Usually speakers are the very first thing I change out when I get a new car, most of the time even before the first oil change! But if $$ is an issue, someone on here posted some component speakers they got for under $50, ask him to hook you up, the post should be afew down or maybe on the next page, but not to hard to find.


----------



## xbrandonx (Mar 27, 2004)

Azgrower said:


> Usually speakers are the very first thing I change out when I get a new car, most of the time even before the first oil change! But if $$ is an issue, someone on here posted some component speakers they got for under $50, ask him to hook you up, the post should be afew down or maybe on the next page, but not to hard to find.


they were some polk componets from EBAY


----------



## Punkrocka436 (Jul 8, 2003)

if you can wait a little bit.
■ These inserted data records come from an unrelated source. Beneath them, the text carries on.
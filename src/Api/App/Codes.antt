-- ===== src/Api/App/Codes.antt =====
-- The answers of each route: app/main.py and the decorators in app/api.
use realtime_ride_matching_e.Prelude.{
  ℕ, ◌≡◌, true, Bool, ◌&&◌, List, [], ◌∷◌, any, ◌==◌, String, str_eq,
}
use realtime_ride_matching_e.Program.Commands.{redis_connection_error, Result, ok, err}
use realtime_ride_matching_e.Api.Routing.{
  Route, get_drivers_route, post_driver_route, get_driver_route, patch_location_route,
  post_rider_route, post_ride_route, get_ride_route, post_cancel_route, post_complete_route,
  get_surge_route, get_stats_route, Request, route_of,
}
use realtime_ride_matching_e.Api.App.{Response, json_response, error_envelope}
use realtime_ride_matching_e.Api.App.Escapes.{Escapes}

-- The status of a success.
abbrev pub success_status : Route → ℕ
success_status post_driver_route = 201
success_status post_rider_route = 201
success_status post_ride_route = 201
success_status _ = 200

-- The error envelopes that a client must expect, besides a database that fails.
abbrev pub own_errors : Route → List (ℕ × String)
own_errors get_drivers_route = (422, "validation_error") ∷ []
own_errors post_driver_route = (422, "validation_error") ∷ []
own_errors get_driver_route = (422, "validation_error") ∷ (404, "driver_not_found") ∷ []
own_errors patch_location_route = (422, "validation_error") ∷ (404, "driver_not_found") ∷ []
own_errors post_rider_route = (422, "validation_error") ∷ []
own_errors post_ride_route =
    (422, "validation_error")
    ∷ (409, "idempotency_key_conflict")
    ∷ (409, "invalid_ride_state")
    ∷ (503, "locking_unavailable")
    ∷ []
own_errors get_ride_route = (422, "validation_error") ∷ (404, "ride_not_found") ∷ []
own_errors post_cancel_route =
    (422, "validation_error") ∷ (404, "ride_not_found") ∷ (409, "invalid_ride_state") ∷ []
own_errors post_complete_route =
    (422, "validation_error") ∷ (404, "ride_not_found") ∷ (409, "invalid_ride_state") ∷ []
own_errors get_surge_route = []
own_errors get_stats_route = []

abbrev pub is_listed : Route → ℕ → String → Bool
is_listed route status_code code =
    any (λ x. x.0 == status_code && str_eq x.1 code) ((503, "database_error") ∷ own_errors route)

abbrev pub IsListed : Request → Result Response → Type 0
IsListed request (ok (json_response status_code body)) =
    status_code ≡ success_status (route_of request)
IsListed request (ok (error_envelope status_code code)) =
    is_listed (route_of request) status_code code ≡ true
IsListed request (err e) = (route_of request ≡ post_ride_route) × (e ≡ redis_connection_error)
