-- ===== src/Program/DriverCalls.antt =====
-- The answers to the commands on drivers in a new session.
use realtime_ride_matching_e.Prelude.{
  refl, ℕ, ◌≡◌, ap, ◌∙◌, Bool, true, false, ◌&&◌, none, some, [], ◌∷◌, ◌==◌, ==_self, find_by,
}
use realtime_ride_matching_e.Floats.{Float}
use realtime_ride_matching_e.Models.{Driver}
use realtime_ride_matching_e.Storage.Tables.{
  insert_driver, set_driver_location, find_driver, driver_id_of,
}
use realtime_ride_matching_e.Program.State.{Shared, World}
use realtime_ride_matching_e.Program.Commands.{
  get_driver, add_driver, assign_driver_location, flush,
}
use realtime_ride_matching_e.Program.Exec.{Platform, exec}
use realtime_ride_matching_e.Program.Effects.{effect, set_location, flushed}
use realtime_ride_matching_e.Program.Cases.{
  started, loaded_driver, load_driver_found, load_driver_missing, on_object_found,
}
use realtime_ride_matching_e.Program.Answers.{surely}

-- A new driver is in the open transaction.
abbrev pub adding : Shared → Driver → World
adding s d = record {
  shared = s;
  session = record {
    driver_map = d ∷ [];
    ride_map = [];
    dirty = [];
    writes = insert_driver d ∷ [];
  };
}

-- The driver `d` was loaded, and is moved.
abbrev pub relocated : (lat lng : Float) (h3_index zone_id : ℕ) → Driver → Driver
relocated lat lng h3_index zone_id d = record d {
  current_lat = lat;
  current_lng = lng;
  h3_index = h3_index;
  zone_id = zone_id;
}

abbrev pub is_there : (lat lng : Float) (h3_index zone_id : ℕ) → Driver → Bool
is_there lat lng h3_index zone_id d =
    (d.current_lat == lat && d.current_lng == lng)
    && (d.h3_index == h3_index && d.zone_id == zone_id)

abbrev pub moving : Shared → (lat lng : Float) (h3_index zone_id : ℕ) → Driver → World
moving s lat lng h3_index zone_id d = record {
  shared = s;
  session = record {
    driver_map = relocated lat lng h3_index zone_id d ∷ [];
    ride_map = [];
    dirty = set_driver_location d.id lat lng h3_index zone_id s.clock ∷ [];
    writes = [];
  };
}

pub alone : (d : Driver) → find_by driver_id_of d.id (d ∷ []) ≡ some d
alone d = rw (==_self d.id) refl

module _ ⦃p : Platform⦄ where
  pub add_driver_fresh :
      (s : Shared) (d : Driver) → exec (add_driver d) (started s) ≡ (tt, adding s d)
  unfolding effect flushed
  add_driver_fresh s d = surely (add_driver d) (started s) (λ v. v)

  pub get_driver_fresh :
      (s : Shared) (id : ℕ) (d : Driver)
      → find_driver s.db id ≡ some d
      → exec (get_driver id false) (started s) ≡ (some d, loaded_driver (started s) d)
  unfolding effect
  get_driver_fresh s id d e =
      surely (get_driver id false) (started s) (λ v. v) ∙ load_driver_found (started s) id d e

  pub get_driver_absent :
      (s : Shared) (id : ℕ)
      → find_driver s.db id ≡ none
      → exec (get_driver id false) (started s) ≡ (none, started s)
  unfolding effect
  get_driver_absent s id e =
      surely (get_driver id false) (started s) (λ v. v) ∙ load_driver_missing (started s) id e

  -- An object of the map is returned as it is.
  pub get_driver_mapped :
      (w : World) (id : ℕ) (d : Driver)
      → find_by driver_id_of id w.session.driver_map ≡ some d
      → exec (get_driver id false) w ≡ (some d, w)
  unfolding effect
  get_driver_mapped w id d e = surely (get_driver id false) w (λ v. v) ∙ rw (e, effect) refl

  pub assign_location_moves :
      (s : Shared) (lat lng : Float) (h3_index zone_id : ℕ) (d : Driver)
      → is_there lat lng h3_index zone_id d ≡ false
      → exec (assign_driver_location d.id lat lng h3_index zone_id) (loaded_driver (started s) d)
        ≡ (tt, moving s lat lng h3_index zone_id d)
  unfolding effect set_location
  assign_location_moves s lat lng h3_index zone_id d e =
      surely (assign_driver_location d.id lat lng h3_index zone_id) (loaded_driver (started s) d)
        (λ v. v)
      ∙ ap (λ (v : World). (tt, v))
          (on_object_found (loaded_driver (started s) d) d.id d
              (set_location (loaded_driver (started s) d) d.id lat lng h3_index zone_id) (alone d)
            ∙ rw e (rw (==_self d.id) refl))

  pub assign_location_rests :
      (s : Shared) (lat lng : Float) (h3_index zone_id : ℕ) (d : Driver)
      → is_there lat lng h3_index zone_id d ≡ true
      → exec (assign_driver_location d.id lat lng h3_index zone_id) (loaded_driver (started s) d)
        ≡ (tt, loaded_driver (started s) d)
  unfolding effect set_location
  assign_location_rests s lat lng h3_index zone_id d e =
      surely (assign_driver_location d.id lat lng h3_index zone_id) (loaded_driver (started s) d)
        (λ v. v)
      ∙ ap (λ (v : World). (tt, v))
          (on_object_found (loaded_driver (started s) d) d.id d
              (set_location (loaded_driver (started s) d) d.id lat lng h3_index zone_id) (alone d)
            ∙ rw e refl)

  pub flush_lem : (w : World) → exec flush w ≡ (tt, flushed w)
  unfolding effect
  flush_lem w = surely flush w (λ v. v)
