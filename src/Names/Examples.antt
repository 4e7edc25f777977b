-- ===== src/Names/Examples.antt =====
-- Concrete names.
use utbot_cpp.Base.{◌≡◌, codes, text_eq, contains_text, refl}
use utbot_cpp.Names.Keywords.{cpp_keywords, c_keywords, cpp_only_keywords, filter_out}
use utbot_cpp.Names.Decorate.{decorate, decorate-decorate, decorate_loop, mark, is_word_char}

decorate-decorate_example :
    decorate (decorate (codes "struct class x")) ≡ decorate (codes "struct class x")
decorate-decorate_example = decorate-decorate (codes "struct class x")

class_decorated : decorate (codes "struct class x") ≡ codes "struct class_ x"
unfolding decorate decorate_loop mark is_word_char contains_text cpp_only_keywords filter_out
    cpp_keywords c_keywords text_eq codes
class_decorated = refl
Elemental Designs is coming out with an entry level component sent that shouldnt be more than 150 dollars. Great quality too


----------



## Azgrower (Oct 1, 2004)

Punkrocka436 said:


> if you can wait a little bit. Elemental Designs is coming out with an entry level component sent that shouldnt be more than 150 dollars. Great quality too


"If you could wait a little bit"...Thats the understatement of the century for Elemental Designs. When considering they lost so much business and respect with their whole pre-order fiasco and pushing the actual release date back over 10 times. Bad customer service if you ask me, I would spend my $150 somewhere else on a comparible product...CDTs maybe? Or even some Polk MM6 from Sounddomain.com, which are on sale at the moment.


----------



## myoung (Apr 15, 2002)

1900 said:


> life of oem speakers .


About as long as it took me to get home after buying the car....haha


----------



## schauhan (Apr 29, 2004)

myoung said:


> About as long as it took me to get home after buying the car....haha


Absolutely right. OEM speakers are the dead horse the only place for them is your trach can. If you really care about quality you will not settle with OEM speakers one single day. I recently upgrades mine with Rockford Fosgate Punch 6.5 for the front doors and 6x9 for the rear deck. I always wonder why I did not do it earlier. Speakers are driven by Punch P8004T 800W Rockford Fosgate amp, my car never sounded so kool before, I love this upgrade.


----------



## Azgrower (Oct 1, 2004)

When my wife and I originally bought the Pathfinder, she wanted to get the one with the BOSE stereo with all the bells and whisltes...I told her NO way No how. 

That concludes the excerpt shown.